Second, _"just inviting female riders to the usual 50-60 miles weekend social rides (not easy if you are a beginner)"_. That's an indication that they are unwelcoming to beginners of either sex. Again I'd say bad club. Or at very best, inappropriate club for a beginner. It also sounds like a very small club if they only run one ride of one length and one pace.

I'd advise your wife to think carefully about what she wants from a club in terms of rides - and look for a club that advertises an appropriate rides at an appropriate pace.

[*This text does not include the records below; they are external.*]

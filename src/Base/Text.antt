-- ===== src/Base/Text.antt =====
-- Rust's `str` over the native texts: a text is a list of Unicode scalar values, `len` counts
-- the bytes of its UTF-8, and `bytes` are those bytes.
pub mod Chars
pub mod Ascii
pub mod Search
pub mod Format
pub mod Ip
pub mod Apart
pub mod Laws
pub mod Ends
pub mod Order
use Prim.Native.Char.{Char, code}
use Prim.Native.String
use Prim.Native.Nat.{ℕ, ◌+◌, ◌/◌, ◌%◌}
use mathlib.Core.Bool.{Bool, true, false, ◌&&◌, ◌||◌}
use mathlib.Core.Option.{Option, none, some}
use mathlib.Core.List.{List, [], ◌∷◌, ◌++◌}
use rigos.Base.Tests.{ltb, if◌then◌else◌}
use rigos.Base.Lists.{all}

-- The UTF-8 bytes of a scalar value.
pub utf8 : ℕ → List ℕ
utf8 n =
    if ltb n 128
    then n ∷ []
    else if ltb n 2048
    then (192 + n / 64) ∷ (128 + n % 64) ∷ []
    else if ltb n 65536
    then (224 + n / 4096) ∷ (128 + n / 64 % 64) ∷ (128 + n % 64) ∷ []
    else (240 + n / 262144) ∷ (128 + n / 4096 % 64) ∷ (128 + n / 64 % 64) ∷ (128 + n % 64) ∷ []

unfoldable pub bytes : String.String → List ℕ
unfolding utf8
bytes String.[] = []
bytes (String.◌∷◌ c s) = utf8 (code c) ++ bytes s

abbrev pub is_empty : String.String → Bool
is_empty String.[] = true
is_empty (String.◌∷◌ c s) = false

-- `s.chars().all(p)` and `s.chars().any(p)`, over the scalar values.
abbrev pub all_chars : (ℕ → Bool) → String.String → Bool
all_chars p String.[] = true
all_chars p (String.◌∷◌ c s) = p (code c) && all_chars p s

abbrev pub any_char : (ℕ → Bool) → String.String → Bool
any_char p String.[] = false
any_char p (String.◌∷◌ c s) = p (code c) || any_char p s

-- `s.bytes().all(p)`.
abbrev pub all_bytes : (ℕ → Bool) → String.String → Bool
all_bytes p s = all p (bytes s)

-- `s.chars().next()`.
abbrev pub first_char : String.String → Option ℕ
first_char String.[] = none
first_char (String.◌∷◌ c s) = some (code c)

-- `s.bytes().next()`.
abbrev pub first_byte : String.String → Option ℕ
first_byte s = elim (bytes s) [ [] ↦ none | b ∷ _ ↦ some b ]

-- `o.is_some_and(p)`.
abbrev pub is_some_and : Option ℕ → (ℕ → Bool) → Bool
is_some_and none p = false
is_some_and (some b) p = p b

-- `P` at every character, and at the first one, which is there.
abbrev pub AllChars : (ℕ → Type 0) → String.String → Type 0
AllChars P String.[] = Unit
AllChars P (String.◌∷◌ c s) = P (code c) × AllChars P s

abbrev pub StartsWith : (ℕ → Type 0) → String.String → Type 0
StartsWith P String.[] = ⊥
StartsWith P (String.◌∷◌ c s) = P (code c)
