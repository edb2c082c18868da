-- ===== src/Base/Text/Apart.antt =====
-- How two texts are told apart: by a function of them, the first character or the length.
use Prim.Native.Char.{Char, code}
use Prim.Native.Nat.{ℕ, suc, ◌+◌}
use Prim.Native.String
use Prim.Native.String.{String}
use Prim.Native.String.append
use mathlib.Core.Path.{◌≡◌, ap, ◌∙◌}
use mathlib.Core.Logic.{◌≢◌, inl, inr}
use mathlib.Core.Bool.{false}
use native.Mathlib.Omega.{arith}
use text.Mathlib.Text.{◌==◌ as text_eq}
use text.Mathlib.TextEquality.{eq_iff}
use rigos.Base.Tests.{Bool-cases}

-- Texts that a function tells apart are not equal.
pub differ : (f : String → ℕ) (s t : String) → f s ≢ f t → text_eq s t ≡ false
differ f s t h = elim (Bool-cases (text_eq s t)) [
  | inl e ↦ absurd (h (ap f ((eq_iff s t).0 e)))
  | inr e ↦ e
]

abbrev pub first : String → ℕ
first String.[] = 0
first (String.◌∷◌ c s) = code c

pub first-append : (c : Char) (s t : String) → first (String.◌++◌ (String.◌∷◌ c s) t) ≡ code c
first-append c s t = ap first (λ i. append.cons c s t i)

abbrev pub chars : String → ℕ
chars String.[] = 0
chars (String.◌∷◌ c s) = suc (chars s)

pub chars-append : (s t : String) → chars (String.◌++◌ s t) ≡ chars s + chars t
chars-append String.[] t = ap chars (λ i. append.nil t i) ∙ omega arith
chars-append (String.◌∷◌ c s) t =
    ap chars (λ i. append.cons c s t i) ∙ omega (arith, chars-append s t)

Next I'd look over their website and any associated social media to try to get a feel for the culture of the club. For example do they have a published diversity & discrimination policy? Do they have an induction process to help new joiners to discuss their aims? Drop them an email to discuss before turning up.

Lastly I can say from my own experience that there are clubs (or at least one club of which I was a member) out there with a significant (although quite a small minority) female membership, and that run rides suitable for a wide range of abilities. Obviously I can only speak from a male experience and maybe their female membership would have been bigger if they had done some things (that didn't occur to me) differently.


----------



## Profpointy (16 Nov 2021)

Whilst I only went along once, and that is no reflection on the group as they were very friendly and welcoming, my local CTC lot were great and seemed to have as many ladies as blokes, and a fair spread of ages, fitness, sportiness and included a few who looked like they'd toured round europe or further. It was advertised as "slow" or maybe "slow-medium" and they stuck to a steady pace and one or two less than athletic ladies on shopping bikes could keep up and were never made to feel they were holding the group up ... and there were people there of both sexes who could doubtless have rattled off twice the miles in half the time, but they didn't because that wasn't the planned nor advertised pace. The club did fast rides and hell-for-leather rides too, but they were advertised as such. Anyhow, a more friendly or inclusive group you couldn't hope to meet - so if your local CTC group are anything like this Bristol gang, give em a go


----------



## Pat "5mph" (16 Nov 2021)

DCLane said:


> @fair weather cyclist - calling @Pat "5mph" and her 'Belles on Bikes': https://www.cyclinguk.org/project/belles-on-bikes
> 
> I'm guessing the group already exists


The Glasgow Belles folded (I got sick, couldn't ride, no other takers for leading), but the Edinburgh Belles are still going strong, afaik.


----------



## derrick (16 Nov 2021)

We are all inclusive, plenty of women riding and racing in our club, The ladies organise a ladies only ride once a month, to attract more women. They have joined in the 200 mile challenges, and completed them. We have ladies on the committee. Club is rolling along nicely.
We ride as one.


----------



## fair weather cyclist (17 Nov 2021)

Dogtrousers said:


> Second, _"just inviting female riders to the usual 50-60 miles weekend social rides (not easy if you are a beginner)"_. That's an indication that they are unwelcoming to beginners of either sex. Again I'd say bad club. Or at very best, inappropriate club for a beginner. It also sounds like a very small club if they only run one ride of one length and one pace.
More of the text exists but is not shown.